Much of Dust is built on or around the coupling of acoustic guitar and voice. The rousing and anthemic "Dying Days" opens with a verse of comfortable, almost folky acoustic strumming before Martin kicks in with a muscular Bonham-style thrusting fill and the Conner brothers lay into a heavy, descending riff. Pearl Jam's Mike McCready guests on the track, unleashing a blustering, bluesy lead. Elsewhere, a melancholy cello winds its way through the acoustic-guitar intro to "Sworn and Broken" and then settles into the backdrop as electric guitars and organ build to a moving, mid-tempo climax. And Martin comes out from behind the drums on "Traveler," a largely unplugged tune that features multiple Mellotron-created strings and flute lines courtesy of Tom Petty's keyboard man, Benmont Tench (he's on eight of the disc's 10 tracks).

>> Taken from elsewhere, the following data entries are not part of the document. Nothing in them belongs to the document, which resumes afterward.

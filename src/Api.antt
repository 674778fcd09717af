-- ===== src/Api.antt =====
-- src/piki/api: what the HTTP routes answer.
pub mod Answers
pub mod Webhook
pub mod Chat
pub mod Health
pub mod Signed
pub mod Blank
pub mod App
pub mod Configured
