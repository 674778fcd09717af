-- ===== src/Api/Answers.antt =====
-- What a route of src/piki/api answers, where it does not let an exception through.
use buenpick_piki.Base.{ℕ, String}

-- what the function returns, or the `HTTPException` that it raises, with its status
pub data Http {ℓ} (A : Type ℓ) : Type ℓ where
  replies : A → Http A
  http_error : ℕ → String → Http A
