-- ===== src/Base/Failure.antt =====
-- The exceptions that the modelled code raises, or lets through, and results that carry them.
use Prim.Native.String.{String}
use mathlib.Core.Bool.{Bool, true, false}

-- An exception by its class. `integrity_error`, `no_result_found` and `multiple_results_found`
-- are SQLAlchemy's; `other` is any exception of code that is not modelled, by its class name.
pub data Failure : Type 0 where
  value_error : String → Failure
  runtime_error : String → Failure
  assertion_error : String → Failure
  conversation_busy : String → Failure
  ingress_retryable : String → Failure
  meta_webhook : String → Failure
  integrity_error : Failure
  no_result_found : Failure
  multiple_results_found : Failure
  other : String → Failure

pub data Result {ℓ} (A : Type ℓ) : Type ℓ where
  ok : A → Result A
  err : Failure → Result A

-- `try` on a whole result
abbrev pub map_result {ℓ κ} : {A : Type ℓ} {B : Type κ} → (A → B) → Result A → Result B
map_result f (ok a) = ok (f a)
map_result f (err e) = err e

abbrev pub is_ok {ℓ} : {A : Type ℓ} → Result A → Bool
is_ok (ok _) = true
is_ok (err _) = false
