-- ===== src/Sql.antt =====
-- The meaning of the SQL statements that src/piki/db and src/piki/delivery build with SQLAlchemy:
-- a table is its list of rows, in the order in which they were inserted.
pub mod Laws
pub mod Bind
use buenpick_piki.Base.{Bool, Option, none, some, List, [], ◌∷◌, ◌++◌, if◌then◌else◌}
use buenpick_piki.Base.Failure.{
  Result, ok, err, integrity_error, no_result_found, multiple_results_found,
}

-- what follows a fallible step
infixl 5 ◌>>=◌
abbrev pub ◌>>=◌ {ℓ κ} : {A : Type ℓ} {B : Type κ} → Result A → (A → Result B) → Result B
ok a >>= f = f a
err e >>= f = err e

module _ {ℓ} {R : Type ℓ} where
  -- SELECT … WHERE p
  unfoldable pub select : (R → Bool) → List R → List R
  select p [] = []
  select p (r ∷ rows) = let rest = select p rows in if p r then r ∷ rest else rest

  -- UPDATE … SET f WHERE p
  unfoldable pub update : (R → Bool) → (R → R) → List R → List R
  update p f [] = []
  update p f (r ∷ rows) = (if p r then f r else r) ∷ update p f rows

  -- INSERT … ON CONFLICT DO NOTHING RETURNING: `conflict` says that a row breaks the named
  -- constraint, `violation` that the insertion breaks one that is not named.
  unfoldable pub insert_or_nothing : Bool → Bool → R → List R → Result (Option R × List R)
  insert_or_nothing conflict violation r rows =
      if conflict
      then ok (none, rows)
      else if violation
      then err integrity_error
      else ok (some r, rows ++ r ∷ [])

  -- INSERT
  unfoldable pub insert : Bool → R → List R → Result (List R)
  insert violation r rows = if violation then err integrity_error else ok (rows ++ r ∷ [])

  -- `.one_or_none()` and `.one()` on the rows of a query
  unfoldable pub one_or_none : List R → Result (Option R)
  one_or_none [] = ok none
  one_or_none (r ∷ []) = ok (some r)
  one_or_none (_ ∷ _ ∷ _) = err multiple_results_found

  unfoldable pub one : List R → Result R
  one [] = err no_result_found
  one (r ∷ []) = ok r
  one (_ ∷ _ ∷ _) = err multiple_results_found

Thanks to Andy Wallace's dense yet uncluttered mix, Dust is the kind of disc that deserves the headphones, where you can appreciate the band's attention to details like watery tremolo on the cascading arpeggios that underscore the haunted sentiments of "Look at You," or the ghostly background vocals that bring a surreal edge to the pulsing reverie of "Make My Mind." Still, the Trees are very much a rock band's rock band, inspired by the timeless roar of the power chord on top of a hard-driving backbeat. Even "Gospel Plow," the disc's final track and a song that begins as a cross between an Arabic chant and a Southern spiritual, morphs into a hard Zeppelin-esque rocker.

"Gospel Plow" was one of only three tracks from the new album that the Trees played live at Avalon on June 11, their first gig in the US since the Spin tour ended a little less than three years ago. The band also tore through a gnarlier version of the sitar-laced "Halo of Ashes" and a churning "All I Know," with long-haired Lee Conner bashing the hell out of his SG and a black-clad Lanegan holding onto the microphone stand as if it were the only thing keeping the wall of melody from blowing him over. But most of the set was taken up by tracks from Sweet Oblivion because the Trees had been expecting to have a second guitarist on board for the tour. Josh Homme, formerly of Kyuss, is that second guitarist. He had been rehearsing the new material with the band and finally did join up with them last week in North Carolina after the Boston date.

"The live thing has always been really different for us than the studio thing," explains Lee. "We're used to just getting up there and thrashing through the songs. But now that we're gearing up to play really big stages and, for lack of a better word for it, arenas, we're realizing that we need another guitar player up there with us. Having had the experience before on that Spin Doctors/Soul Asylum tour, well, that was kind of a rude awakening for us because we'd never had to worry about filling up that much space with sound. So we're even thinking of adding a keyboard player for Lollapalooza."

The Trees have never had trouble kicking up a big mess of sound -- with or without keyboards or another guitar player. The struggle for them has been to mold the elemental roar of the Conners' guitars and the growl of Lanegan's vocals into something as focused as Sweet Oblivion. If it were easy, then there wouldn't have been any "aborted album," Dust would be just a really good rock disc, and we wouldn't need a word like "yarrrrragh."